451. Ужасно: стал какой-то «удобной вещью», «комфортом»… О, как понятно происхождение нашей торговой проституции. «У кого есть средства — бери жену», «а если беден — довольствуйся проходящей женщиной». Как понятно — о, как понятно, — что брак совершенно и окончательно пал в новые времена! И это разъясняет с радостным одобрением монах по духу, автор! Вот где учитесь, вот где всматривайтесь!! Открывается «река времен», — и книга «Люди лунного света» дает компас для распознания заворотов и течений этой реки. В. Р-в.

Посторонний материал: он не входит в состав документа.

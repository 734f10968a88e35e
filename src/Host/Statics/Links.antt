-- ===== src/Host/Statics/Links.antt =====
-- The horizontal links of the queue heads in the pool.
use imxrt_usbh.Base.{
  ℕ, ◌<◌, ◌≡◌, ◌≢◌, ap, get_or, set, length, get_or-set_self, get_or-set_ne, length-set,
}
use imxrt_usbh.Ehci.Qh
use imxrt_usbh.Ehci.Qh.{QueueHead}
use imxrt_usbh.Host.Statics.{UsbStatics}

module _ {Pool : Type 0} where
  abbrev pub qh_at : UsbStatics Pool → ℕ → QueueHead
  qh_at s i = get_or s.qh_pool i Qh.new

  abbrev pub link_of : UsbStatics Pool → ℕ → ℕ
  link_of s i = (qh_at s i).horizontal_link

  -- The pool after `(*qh).horizontal_link.write(link)`.
  abbrev pub set_link : UsbStatics Pool → (i link : ℕ) → UsbStatics Pool
  set_link s i link = record s {
    qh_pool = set s.qh_pool i (record (qh_at s i) { horizontal_link = link });
  }

  -- All but the queue heads and the frames is the same.
  abbrev pub SameRest : UsbStatics Pool → UsbStatics Pool → Type 0
  SameRest s t = t ≡ record s { qh_pool = t.qh_pool; frame_list = t.frame_list }

  module _ (s : UsbStatics Pool) where
    pub length-set_link : (i link : ℕ) → length (set_link s i link).qh_pool ≡ length s.qh_pool
    length-set_link i link = length-set s.qh_pool i _

    pub link_of-set_link_self :
        (i link : ℕ) → i < length s.qh_pool → link_of (set_link s i link) i ≡ link
    link_of-set_link_self i link h =
        ap (λ q. q.horizontal_link) (get_or-set_self s.qh_pool i _ Qh.new h)

    pub link_of-set_link_ne : (i j link : ℕ) → i ≢ j → link_of (set_link s i link) j ≡ link_of s j
    link_of-set_link_ne i j link h =
        ap (λ q. q.horizontal_link) (get_or-set_ne s.qh_pool i j _ Qh.new h)
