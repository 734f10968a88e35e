-- ===== src/Host/Schedule/Async.antt =====
-- schedule.rs, the async schedule: a circular list of queue heads through the sentinel at index 0.
pub mod Ring
pub mod Insert
pub mod Remove
use imxrt_usbh.Base.{ℕ, zero, suc, bit_and, ◌==◌, if◌then◌else◌}
use imxrt_usbh.Base.Bits.{not32}
use imxrt_usbh.Ehci.Link.{qh as qh_type, link_pointer, link_address}
use imxrt_usbh.Host.Run.{Run, ok, out_of_fuel, ◌>>=◌}
use imxrt_usbh.Host.Statics.{UsbStatics, Layout, qh_addr, load_qh, store_qh}

module _ {Pool : Type 0} (l : Layout) where
  -- `link_qh_to_async_schedule`; `qh` is an address.
  unfoldable pub link_qh_to_async_schedule : (qh : ℕ) → UsbStatics Pool → Run (UsbStatics Pool)
  link_qh_to_async_schedule qh s = do
    let sentinel = qh_addr l 0
    q ← load_qh l s qh
    first ← load_qh l s sentinel
    s ← store_qh l s qh (record q { horizontal_link = first.horizontal_link })
    first ← load_qh l s sentinel
    store_qh l s sentinel (record first { horizontal_link = link_pointer qh qh_type })

  -- The loop of `unlink_qh_from_async_schedule`, from the predecessor `prev` on.
  unfoldable pub unlink_loop : (fuel qh prev : ℕ) → UsbStatics Pool → Run (UsbStatics Pool)
  unlink_loop zero qh prev s = out_of_fuel
  unlink_loop (suc fuel) qh prev s = do
    p ← load_qh l s prev
    let next_addr = link_address p.horizontal_link
    let rest = unlink_loop fuel qh next_addr s
    if next_addr == bit_and qh (not32 0x1f)
        then (do
          q ← load_qh l s qh
          store_qh l s prev (record p { horizontal_link = q.horizontal_link }))
        else if next_addr == qh_addr l 0
        then ok s
        else rest

  unfoldable pub unlink_qh_from_async_schedule :
      (fuel qh : ℕ) → UsbStatics Pool → Run (UsbStatics Pool)
  unlink_qh_from_async_schedule fuel qh s = unlink_loop fuel qh (qh_addr l 0) s
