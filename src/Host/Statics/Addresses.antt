-- ===== src/Host/Statics/Addresses.antt =====
-- Addresses of queue heads: where loads and stores land, and links made from them.
use imxrt_usbh.Base.{
  ℕ, ◌+◌, ◌^◌, ◌<◌, ◌≡◌, ◌≢◌, false, some, get_or, set, ◌==◌, bit_and, arith, ==_false,
}
use imxrt_usbh.Base.Bits.{not32}
use imxrt_usbh.Ehci.Qh
use imxrt_usbh.Ehci.Qh.{QueueHead}
use imxrt_usbh.Ehci.Link.{qh as qh_type, link_pointer, link_address, link_is_terminate}
use imxrt_usbh.Ehci.Link.Laws.{link_address_lem, link_address-link_pointer}
use imxrt_usbh.Host.Run.{ok}
use imxrt_usbh.Host.Statics.{
  UsbStatics, Layout, IsAligned, num_qh, qh_addr, qh_index, load_qh, store_qh,
}

-- The link that the driver writes for the queue head at index `i`.
abbrev pub qh_link : Layout → ℕ → ℕ
qh_link l i = link_pointer (qh_addr l i) qh_type

module _ (l : Layout) where
  qh_index-qh_addr : (i : ℕ) → i < num_qh + 1 → qh_index l (qh_addr l i) ≡ some i
  unfolding qh_index
  qh_index-qh_addr i h = ground arith

  pub qh_addr_ne : (i j : ℕ) → i ≢ j → (qh_addr l i == qh_addr l j) ≡ false
  qh_addr_ne i j h = ==_false _ _ (omega arith)

  module _ {Pool : Type 0} (s : UsbStatics Pool) (i : ℕ) (h : i < num_qh + 1) where
    pub load_qh-qh_addr : load_qh l s (qh_addr l i) ≡ ok (get_or s.qh_pool i Qh.new)
    unfolding load_qh
    load_qh-qh_addr = rw (qh_index-qh_addr i h, load_qh)

    pub store_qh-qh_addr :
        (q : QueueHead)
        → store_qh l s (qh_addr l i) q ≡ ok (record s { qh_pool = set s.qh_pool i q })
    unfolding store_qh
    store_qh-qh_addr q = rw (qh_index-qh_addr i h, store_qh)

module _ {l : Layout} (aligned : IsAligned l) (i : ℕ) (h : i < num_qh + 1) where
  pub qh_addr-lt : qh_addr l i < 2 ^ 32
  qh_addr-lt = omega arith

  pub link_address-qh_addr : link_address (qh_addr l i) ≡ qh_addr l i
  link_address-qh_addr = omega (arith, link_address_lem (qh_addr l i))

  pub link_address-qh_link : link_address (qh_link l i) ≡ qh_addr l i
  link_address-qh_link =
      omega (arith, (link_address-link_pointer (qh_addr l i) qh_type qh_addr-lt (omega arith)).0)

  pub link_is_terminate-qh_link : link_is_terminate (qh_link l i) ≡ false
  link_is_terminate-qh_link =
      (link_address-link_pointer (qh_addr l i) qh_type qh_addr-lt (omega arith)).2

  -- `qh_addr & !0x1F`
  pub masked-qh_addr : bit_and (qh_addr l i) (not32 0x1f) ≡ qh_addr l i
  unfolding link_address
  masked-qh_addr = link_address-qh_addr
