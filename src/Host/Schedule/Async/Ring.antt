-- ===== src/Host/Schedule/Async/Ring.antt =====
-- The queue heads of the async schedule, in the order in which the controller visits them.
use imxrt_usbh.Base.{ℕ, ◌+◌, ◌≡◌, true, List, [], ◌∷◌, length, arith, ◌∙◌}
use imxrt_usbh.Base.Members.{has, Distinct, AllBelow}
use imxrt_usbh.Host.Statics.{UsbStatics, Layout, num_qh}
use imxrt_usbh.Host.Statics.Addresses.{qh_link}
use imxrt_usbh.Host.Statics.Links.{link_of}

module _ {Pool : Type 0} (l : Layout) where
  -- From the queue head at `i` the links lead through `xs` back to the sentinel.
  abbrev pub Route : UsbStatics Pool → (i : ℕ) → List ℕ → Type 0
  Route s i [] = link_of s i ≡ qh_link l 0
  Route s i (x ∷ xs) = (link_of s i ≡ qh_link l x) × Route s x xs

  -- A path starts anew at a queue head with the same link, if those on it keep theirs.
  pub Route-frame :
      (s s' : UsbStatics Pool) (i j : ℕ) (xs : List ℕ)
      → link_of s' j ≡ link_of s i
      → ((x : ℕ) → has x xs ≡ true → link_of s' x ≡ link_of s x)
      → Route s i xs
      → Route s' j xs
  Route-frame s s' i j [] e same p = e ∙ p
  Route-frame s s' i j (x ∷ xs) e same p =
      (e ∙ p.0, Route-frame s s' x x xs (same x (ground arith)) (λ y h. same y (ground arith)) p.1)

  -- The schedule holds the queue heads `xs`, and each of them once.
  pub record IsRing (s : UsbStatics Pool) (xs : List ℕ) : Type 0 where
    pub path : Route s 0 xs
    pub distinct : Distinct (0 ∷ xs)
    pub in_pool : AllBelow (num_qh + 1) xs
    pub size : length s.qh_pool ≡ num_qh + 1
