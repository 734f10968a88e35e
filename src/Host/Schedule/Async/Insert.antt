-- ===== src/Host/Schedule/Async/Insert.antt =====
-- `link_qh_to_async_schedule` puts a queue head first.
use imxrt_usbh.Base.{ℕ, ◌+◌, ◌<◌, ◌≡◌, ◌≢◌, sym, ◌∙◌, false, List, ◌∷◌, length, arith}
use imxrt_usbh.Base.Members.{has, ne_of_has}
use imxrt_usbh.Host.Run.{ok}
use imxrt_usbh.Host.Statics.{UsbStatics, Layout, num_qh, qh_addr}
use imxrt_usbh.Host.Statics.Addresses.{qh_link, load_qh-qh_addr, store_qh-qh_addr}
use imxrt_usbh.Host.Statics.Links.{
  link_of, set_link, length-set_link, link_of-set_link_self, link_of-set_link_ne,
}
use imxrt_usbh.Host.Schedule.Async.{link_qh_to_async_schedule}
use imxrt_usbh.Host.Schedule.Async.Ring.{Route, Route-frame, IsRing}

module _ {Pool : Type 0} (l : Layout) (s : UsbStatics Pool) where
  -- The state after the two writes.
  abbrev pub linked : ℕ → UsbStatics Pool
  linked q = set_link (set_link s q (link_of s 0)) 0 (qh_link l q)

  link_qh_to_async_schedule_run :
      (q : ℕ) → q < num_qh + 1 → link_qh_to_async_schedule l (qh_addr l q) s ≡ ok (linked q)
  unfolding link_qh_to_async_schedule
  link_qh_to_async_schedule_run q h =
      rw
        (
          load_qh-qh_addr l s q h,
          load_qh-qh_addr l s 0 sentinel,
          store_qh-qh_addr l s q h,
          load_qh-qh_addr l (set_link s q (link_of s 0)) 0 sentinel,
        )
        (store_qh-qh_addr l (set_link s q (link_of s 0)) 0 sentinel _)
    where
      sentinel : 0 < num_qh + 1
      sentinel = omega arith

  -- A queue head other than the sentinel that is not in the schedule is put in front of those that
  -- are, and the run meets no fault.
  pub link_qh_to_async_schedule-IsRing :
      (q : ℕ) (xs : List ℕ)
      → IsRing l s xs
      → 0 < q
      → q < num_qh + 1
      → has q xs ≡ false
      → (link_qh_to_async_schedule l (qh_addr l q) s ≡ ok (linked q)) × IsRing l (linked q) (q ∷ xs)
  link_qh_to_async_schedule-IsRing q xs ring pos h out = (
    link_qh_to_async_schedule_run q h,
    record {
      path = (first, rest);
      distinct = ground (arith, ring.distinct);
      in_pool = (h, ring.in_pool);
      size = size;
    },
  )
    where
      after : UsbStatics Pool
      after = set_link s q (link_of s 0)

      apart : q ≢ 0
      apart = omega arith

      size' : length after.qh_pool ≡ num_qh + 1
      size' = length-set_link s q (link_of s 0) ∙ ring.size

      size : length (linked q).qh_pool ≡ num_qh + 1
      size = length-set_link after 0 (qh_link l q) ∙ size'

      first : link_of (linked q) 0 ≡ qh_link l q
      first = link_of-set_link_self after 0 (qh_link l q) (omega (arith, size'))

      rest : Route l (linked q) q xs
      rest =
          Route-frame l s (linked q) 0 q xs
            (link_of-set_link_ne after 0 q (qh_link l q) (λ e. apart (sym e))
              ∙ link_of-set_link_self s q (link_of s 0) (omega (arith, ring.size)))
            (λ x h'.
              link_of-set_link_ne after 0 x (qh_link l q)
                (λ e. ne_of_has x 0 xs h' ring.distinct.0 (sym e))
              ∙ link_of-set_link_ne s q x (link_of s 0) (λ e. ne_of_has x q xs h' out (sym e)))
            ring.path
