-- ===== src/HubQuery.antt =====
-- firmware/include/hubquery.h: the life of the one asynchronous query for the hub's address. Its
-- pointers are options, and the query functions are the network component's.
pub mod Balance
use cardiag.Base.{Bool, Option, false, if◌then◌else◌, none, some, true, ◌||◌}

abbrev pub is_some {ℓ} : {A : Type ℓ} → Option A → Bool
is_some none = false
is_some (some a) = true

-- `struct HubQueryApi` over the state `C` behind `ctx`, queries `Q` and results `R`. A poll gives
-- the results when the query has finished.
pub record HubQueryApi (C Q R : Type 0) : Type 0 where
  pub start : C → Option Q × C
  pub poll : C → Q → Option R × C
  pub free_results : C → R → C
  pub destroy : C → Q → Bool × C

-- `struct HubQuery`
pub record HubQuery (Q : Type 0) : Type 0 where
  pub active : Option Q
  pub parked : Option Q
  pub undeleted : Option Q

unfoldable pub hub_query_busy : {Q : Type 0} → HubQuery Q → Bool
hub_query_busy h = is_some h.active || (is_some h.parked || is_some h.undeleted)

module _ {C Q R : Type 0} where
  module _ (a : HubQueryApi C Q R) where
    -- `hubQueryRetire_`
    unfoldable pub hub_query_retire : HubQuery Q → Q → R → C → HubQuery Q × C
    hub_query_retire h q results c =
        let (ok, c') = a.destroy (a.free_results c results) q in
        (if ok then h else record h { undeleted = some q }, c')

    -- `hubQueryStart`
    unfoldable pub hub_query_start : HubQuery Q → C → HubQuery Q × C
    unfolding hub_query_busy
    hub_query_start h c =
        let (q, c') = a.start c in
        if hub_query_busy h then (h, c) else (record h { active = q }, c')

    -- The rest of `hubQueryPoll` and `hubQueryCancel` for a query that was active: the one leaves
    -- it active while it runs, the other parks it.
    abbrev pub polled : (C → R → C) → HubQuery Q → HubQuery Q → Q → Option R × C → HubQuery Q × C
    polled consume h running q o = elim o.0 [
      | none ↦ (running, o.1)
      | some r ↦ hub_query_retire h q r (consume o.1 r)
    ]

    -- `hubQueryPoll`; it finished when `active` was set and no longer is.
    unfoldable pub hub_query_poll : (C → R → C) → HubQuery Q → C → HubQuery Q × C
    unfolding hub_query_retire
    hub_query_poll consume h c = elim h.active [
      | none ↦ (h, c)
      | some q ↦ polled consume (record h { active = none }) h q (a.poll c q)
    ]

    -- `hubQueryCancel`
    unfoldable pub hub_query_cancel : HubQuery Q → C → HubQuery Q × C
    unfolding hub_query_retire
    hub_query_cancel h c = elim h.active [
      | none ↦ (h, c)
      | some q ↦
          polled (λ x r. x) (record h { active = none })
            (record h { active = none; parked = some q }) q (a.poll c q)
    ]

    -- The first line of `hubQueryReap`: the delete is tried again.
    unfoldable pub retry_delete : HubQuery Q → C → HubQuery Q × C
    retry_delete h c = elim h.undeleted [
      | none ↦ (h, c)
      | some q ↦
          let (ok, c') = a.destroy c q in (if ok then record h { undeleted = none } else h, c')
    ]

    -- The rest of `hubQueryReap`.
    unfoldable pub reap_parked : HubQuery Q → C → HubQuery Q × C
    unfolding hub_query_retire
    reap_parked h c = elim h.parked [
      | none ↦ (h, c)
      | some q ↦ polled (λ x r. x) (record h { parked = none }) h q (a.poll c q)
    ]

    -- `hubQueryReap`
    unfoldable pub hub_query_reap : HubQuery Q → C → HubQuery Q × C
    unfolding retry_delete reap_parked
    hub_query_reap h c = let (h', c') = retry_delete h c in reap_parked h' c'
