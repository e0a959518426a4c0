-- ===== src/HubQuery/Balance.antt =====
-- No query and no result is leaked or freed twice.
use cardiag.Base.{
  Bool-cases, List, Option, Option-cases, [], arith, if◌then◌else◌, inl, inr, none, refl, some, ℕ,
  ◌+◌, ◌∷◌, ◌≡◌, ◌≤◌,
}
use cardiag.HubQuery.{
  HubQueryApi, HubQuery, hub_query_busy, hub_query_retire, hub_query_start, polled, hub_query_poll,
  hub_query_cancel, retry_delete, reap_parked, hub_query_reap,
}

-- The state behind `ctx`, with counts of what its functions did.
pub record Ledger (C : Type 0) : Type 0 where
  pub under : C
  pub started : ℕ
  pub destroyed : ℕ
  pub finished : ℕ
  pub freed : ℕ

abbrev count_if {ℓ} : {A : Type ℓ} → Option A → ℕ → ℕ
count_if none n = n
count_if (some a) n = n + 1

-- The handles that are kept.
abbrev pub held : {Q : Type 0} → HubQuery Q → ℕ
held h = count_if h.active 0 + count_if h.parked 0 + count_if h.undeleted 0

-- Every query started is destroyed or the one that is held, and every result is freed.
pub record Balanced {C Q : Type 0} (s : HubQuery Q × Ledger C) : Type 0 where
  pub queries : s.1.started ≡ s.1.destroyed + held s.0
  pub results : s.1.finished ≡ s.1.freed
  pub one : held s.0 ≤ 1

-- A query that finished and is no longer held, with its result.
record Owing {C Q : Type 0} (h : HubQuery Q) (l : Ledger C) : Type 0 where
  queries : l.started ≡ l.destroyed + 1
  results : l.finished ≡ l.freed + 1
  empty : held h ≡ 0

module _ {C Q R : Type 0} where
  -- The functions, counted.
  abbrev pub counted : HubQueryApi C Q R → HubQueryApi (Ledger C) Q R
  counted a = record {
    start = λ l.
        let (q, c) = a.start l.under in (q, record l { under = c; started = count_if q l.started });
    poll = λ l q.
        let (r, c) = a.poll l.under q in
        (r, record l { under = c; finished = count_if r l.finished });
    free_results = λ l r. record l { under = a.free_results l.under r; freed = l.freed + 1 };
    destroy = λ l q.
        let (ok, c) = a.destroy l.under q in
        (ok, record l { under = c; destroyed = if ok then l.destroyed + 1 else l.destroyed });
  }

  module _ (a : HubQueryApi C Q R) where
    retire-Balanced :
        (h : HubQuery Q) (q : Q) (r : R) (l : Ledger C)
        → Owing h l
        → Balanced (hub_query_retire (counted a) h q r l)
    unfolding hub_query_retire
    retire-Balanced h q r l w = elim (Bool-cases (a.destroy (a.free_results l.under r) q).0) [
      | inl e ↦ record { queries = ground arith; results = ground arith; one = ground arith }
      | inr e ↦ record { queries = ground arith; results = ground arith; one = ground arith }
    ]

    retry_delete-Balanced :
        (h : HubQuery Q) (l : Ledger C) → Balanced (h, l) → Balanced (retry_delete (counted a) h l)
    unfolding retry_delete
    retry_delete-Balanced h l b = elim (Option-cases h.undeleted) [
      | inl e ↦
          let n : count_if h.undeleted 0 ≡ 0 = rw e refl in
          rw e (record { queries = omega arith; results = b.results; one = omega arith })
      | inr (q, e) ↦
          let n : count_if h.undeleted 0 ≡ 1 = rw e refl in
          rw e (elim (Bool-cases (a.destroy l.under q).0) [
            | inl y ↦
                rw y (record { queries = omega arith; results = b.results; one = omega arith })
            | inr y ↦
                rw y (record { queries = omega arith; results = b.results; one = omega arith })
          ])
    ]

    -- A query taken out of its slot, and what a poll says of it.
    polled-Balanced :
        (consume : C → R → C) (h running : HubQuery Q) (q : Q) (l : Ledger C)
        → held h ≡ 0
        → held running ≡ 1
        → Balanced (running, l)
        → Balanced (
            polled
              (counted a)
              (λ m r. record m { under = consume m.under r })
              h
              running
              q
              ((counted a).poll l q))
    polled-Balanced consume h running q l z one b = elim (Option-cases (a.poll l.under q).0) [
      | inl e ↦ rw e (record { queries = b.queries; results = b.results; one = b.one })
      | inr (r, e) ↦ rw e (
          retire-Balanced h q r _
            (record { queries = omega arith; results = omega arith; empty = z }))
    ]

    start-Balanced :
        (h : HubQuery Q) (l : Ledger C)
        → Balanced (h, l)
        → Balanced (hub_query_start (counted a) h l)
    unfolding hub_query_start hub_query_busy
    start-Balanced h l b = ground arith

    poll-Balanced :
        (consume : C → R → C) (h : HubQuery Q) (l : Ledger C)
        → Balanced (h, l)
        → Balanced (hub_query_poll (counted a) (λ m r. record m { under = consume m.under r }) h l)
    unfolding hub_query_poll
    poll-Balanced consume h l b = elim (Option-cases h.active) [
      | inl e ↦
          let n : count_if h.active 0 ≡ 0 = rw e refl in
          rw e (record { queries = omega arith; results = b.results; one = omega arith })
      | inr (q, e) ↦
          let n : count_if h.active 0 ≡ 1 = rw e refl in
          rw e (
            polled-Balanced consume (record h { active = none }) (record h { active = some q }) q l
              (omega arith) (omega arith)
              (record { queries = omega arith; results = b.results; one = omega arith }))
    ]

    cancel-Balanced :
        (h : HubQuery Q) (l : Ledger C)
        → Balanced (h, l)
        → Balanced (hub_query_cancel (counted a) h l)
    unfolding hub_query_cancel
    cancel-Balanced h l b = elim (Option-cases h.active) [
      | inl e ↦
          let n : count_if h.active 0 ≡ 0 = rw e refl in
          rw e (record { queries = omega arith; results = b.results; one = omega arith })
      | inr (q, e) ↦
          let n : count_if h.active 0 ≡ 1 = rw e refl in
          rw e (
            polled-Balanced (λ m r. m) (record h { active = none })
              (record h { active = none; parked = some q }) q l (omega arith) (omega arith)
              (record { queries = omega arith; results = b.results; one = omega arith }))
    ]

    reap_parked-Balanced :
        (h : HubQuery Q) (l : Ledger C) → Balanced (h, l) → Balanced (reap_parked (counted a) h l)
    unfolding reap_parked
    reap_parked-Balanced h l b = elim (Option-cases h.parked) [
      | inl e ↦
          let n : count_if h.parked 0 ≡ 0 = rw e refl in
          rw e (record { queries = omega arith; results = b.results; one = omega arith })
      | inr (q, e) ↦
          let n : count_if h.parked 0 ≡ 1 = rw e refl in
          rw e (
            polled-Balanced (λ m r. m) (record h { parked = none }) (record h { parked = some q }) q
              l (omega arith) (omega arith)
              (record { queries = omega arith; results = b.results; one = omega arith }))
    ]

    -- The operations of the link's loop.
    pub data Op : Type 0 where
      start poll cancel reap : Op

    abbrev pub perform : (C → R → C) → Op → HubQuery Q × Ledger C → HubQuery Q × Ledger C
    perform consume start s = hub_query_start (counted a) s.0 s.1
    perform consume poll s =
        hub_query_poll (counted a) (λ m r. record m { under = consume m.under r }) s.0 s.1
    perform consume cancel s = hub_query_cancel (counted a) s.0 s.1
    perform consume reap s = hub_query_reap (counted a) s.0 s.1

    unfoldable pub perform_all :
        (C → R → C) → List Op → HubQuery Q × Ledger C → HubQuery Q × Ledger C
    perform_all consume [] s = s
    perform_all consume (o ∷ os) s = perform_all consume os (perform consume o s)

    perform-Balanced :
        (consume : C → R → C) (o : Op) (s : HubQuery Q × Ledger C)
        → Balanced s
        → Balanced (perform consume o s)
    unfolding hub_query_reap
    perform-Balanced consume start s b = start-Balanced s.0 s.1 b
    perform-Balanced consume poll s b = poll-Balanced consume s.0 s.1 b
    perform-Balanced consume cancel s b = cancel-Balanced s.0 s.1 b
    perform-Balanced consume reap s b =
        let m = retry_delete (counted a) s.0 s.1 in
        reap_parked-Balanced m.0 m.1 (retry_delete-Balanced s.0 s.1 b)

    -- In every order of starts, polls, cancels and reaps, and whatever the network component
    -- answers, at most one query is held, every other one started has been destroyed, and every
    -- result was freed exactly once.
    pub perform_all-Balanced :
        (consume : C → R → C) (os : List Op) (s : HubQuery Q × Ledger C)
        → Balanced s
        → Balanced (perform_all consume os s)
    unfolding perform_all
    perform_all-Balanced consume [] s b = b
    perform_all-Balanced consume (o ∷ os) s b =
        perform_all-Balanced consume os (perform consume o s) (perform-Balanced consume o s b)
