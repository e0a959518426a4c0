-- ===== src/Examples/Query.antt =====
-- A query that the link's drop cancels while it runs, and the component's refusal to delete it.
use cardiag.Base.{List, [], arith, if◌then◌else◌, ltb, none, refl, some, ℕ, ◌+◌, ◌∷◌, ◌≡◌}
use cardiag.HubQuery.{
  HubQueryApi, HubQuery, hub_query_busy, hub_query_retire, hub_query_start, hub_query_cancel,
  retry_delete, reap_parked, hub_query_reap,
}
use cardiag.HubQuery.Balance.{
  Ledger, Balanced, Op, perform_all, perform_all-Balanced, start, cancel, reap,
}

-- Query 5 finishes at the third poll; its first delete is refused. The state counts the calls.
abbrev mdns : HubQueryApi ℕ ℕ ℕ
mdns = record {
  start = λ c. (some 5, c + 1);
  poll = λ c q. (if ltb c 3 then none else some 9, c + 1);
  free_results = λ c r. c + 1;
  destroy = λ c q. (ltb 5 c, c + 1);
}

abbrev idle : HubQuery ℕ × Ledger ℕ
idle = (
  record { active = none; parked = none; undeleted = none },
  record { under = 0; started = 0; destroyed = 0; finished = 0; freed = 0 },
)

idle-Balanced : Balanced idle
idle-Balanced = record { queries = refl; results = refl; one = omega arith }

abbrev drop_and_reap : List (Op mdns)
drop_and_reap = start ∷ cancel ∷ reap ∷ reap ∷ reap ∷ []

all_gone : perform_all mdns (λ c r. c) drop_and_reap idle ≡ (
  record { active = none; parked = none; undeleted = none },
  record { under = 7; started = 1; destroyed = 1; finished = 1; freed = 1 },
)
unfolding perform_all hub_query_start hub_query_cancel hub_query_reap retry_delete reap_parked
    hub_query_retire hub_query_busy
all_gone = refl

perform_all-Balanced_example : Balanced (perform_all mdns (λ c r. c) drop_and_reap idle)
perform_all-Balanced_example = perform_all-Balanced mdns (λ c r. c) drop_and_reap idle idle-Balanced
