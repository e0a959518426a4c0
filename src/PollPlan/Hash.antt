-- ===== src/PollPlan/Hash.antt =====
-- The canonical text of a plan and its hash, in firmware/src/pollplan.cpp.
use cardiag.Base.{
  Bool, List, [], false, if◌then◌else◌, leb, length, ltb, suc, take, true, zero, ℕ, ◌%◌, ◌++◌, ◌+◌,
  ◌/◌, ◌∷◌, codes,
}
use cardiag.PollPlan.{PollEntry}
use cardiag.CredStore.Sha256.{cred_sha256, hex}

-- `%u`: the decimal digits, with fuel for each; a 32-bit number has at most ten.
unfoldable pub decimal_loop : ℕ → ℕ → List ℕ
decimal_loop zero n = []
decimal_loop (suc fuel) n =
    let high = decimal_loop fuel (n / 10) in
    if ltb n 10 then (b'0' + n) ∷ [] else high ++ ((b'0' + n % 10) ∷ [])

abbrev pub decimal : ℕ → List ℕ
decimal n = decimal_loop 10 n

-- One entry; `%s` is the comma before all but the first.
abbrev pub entry_text : PollEntry → List ℕ
entry_text e =
    codes "{\"mode\":"
    ++ decimal e.mode
    ++ codes ",\"pid\":"
    ++ decimal e.pid
    ++ codes ",\"period_ms\":"
    ++ decimal e.period_ms
    ++ codes "}"

unfoldable pub entries_text : Bool → List PollEntry → List ℕ
entries_text first [] = []
entries_text first (e ∷ es) =
    (if first then [] else codes ",") ++ entry_text e ++ entries_text false es

-- `pollPlanCanonical`: empty when the text and its NUL do not fit. The source looks after each piece;
-- the pieces only add, so the last look decides.
unfoldable pub poll_plan_canonical : List PollEntry → ℕ → List ℕ
poll_plan_canonical p cap =
    let text = codes "{\"version\":1,\"entries\":[" ++ entries_text true p ++ codes "]}" in
    if leb cap (length text) then [] else text

abbrev pub pollplan_canon_max : ℕ
pollplan_canon_max = 1536

-- `pollPlanHash`
unfoldable pub poll_plan_hash : List PollEntry → List ℕ
poll_plan_hash p = hex (take 8 (cred_sha256 (poll_plan_canonical p pollplan_canon_max)))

452. Читающему ваши рассуждения и верящему им — это совершенно ни для кого не «ясно». Мирянин (псевдоним профессора богословия в одном из университетов), как и г. Фози, до того колеблют «христианский брак», что от него вообще ничего кроме имени и претензии не остается. «Детей — не надо! совокупляться — не надо, прилепления мужа и жены — не надо». В особенности, кажется, «счастья» не надо. А что же «надо»? Остается венчание: и как уже понятно сделалось в веках, что все решительно и полегло в одном венчании, к нему одному все приурочилось, все обратилось сюда, люди смотрят только сюда, закон требует только его. Брак сделался только «приличием», и «приличие» придает ему одно «венчание». Но «река времен» еще прокатилась, и люди стали спрашивать: «Да зачем нам это приличие, которое и не светит и не греет?» Перестали или перестают вообще брачиться, полагая «обойтись как-нибудь» с этими «пустяками» — с сими, по Фози и Мирянину, «дурными физиологическими привычками», «зоологической потребностью». К чему все иметь «дóма» и «свое»: можно покушать и в ресторане, в кабачке, в трактире, где-нибудь. Есть, конечно, «известные места» — дóма, но ведь государство и городское благоустройство позаботилось о том, чтобы были — и «на улице, для общественного пользования». Дом терпимости вытек отсюда сам собой — из «пустяков» и «физиологии». Спокойно взирает на это духовенство, не выходя из обеспеченных своих квартирок. И только плачут тихо и украдкой девушки, наши возлюбленные дочери. И никто их слез не слышит. Никому они «не нужны» в цивилизации XIX—XX века, «достигшей последних граней совершенства». Но, я думаю, не можно ли эту «цивилизацию» с томящеюся половиной населения, невинного и кроткого (девушки, женщины), — послать «к черту на рога», как несомненно от «черта» она и происходит. В. Р-в.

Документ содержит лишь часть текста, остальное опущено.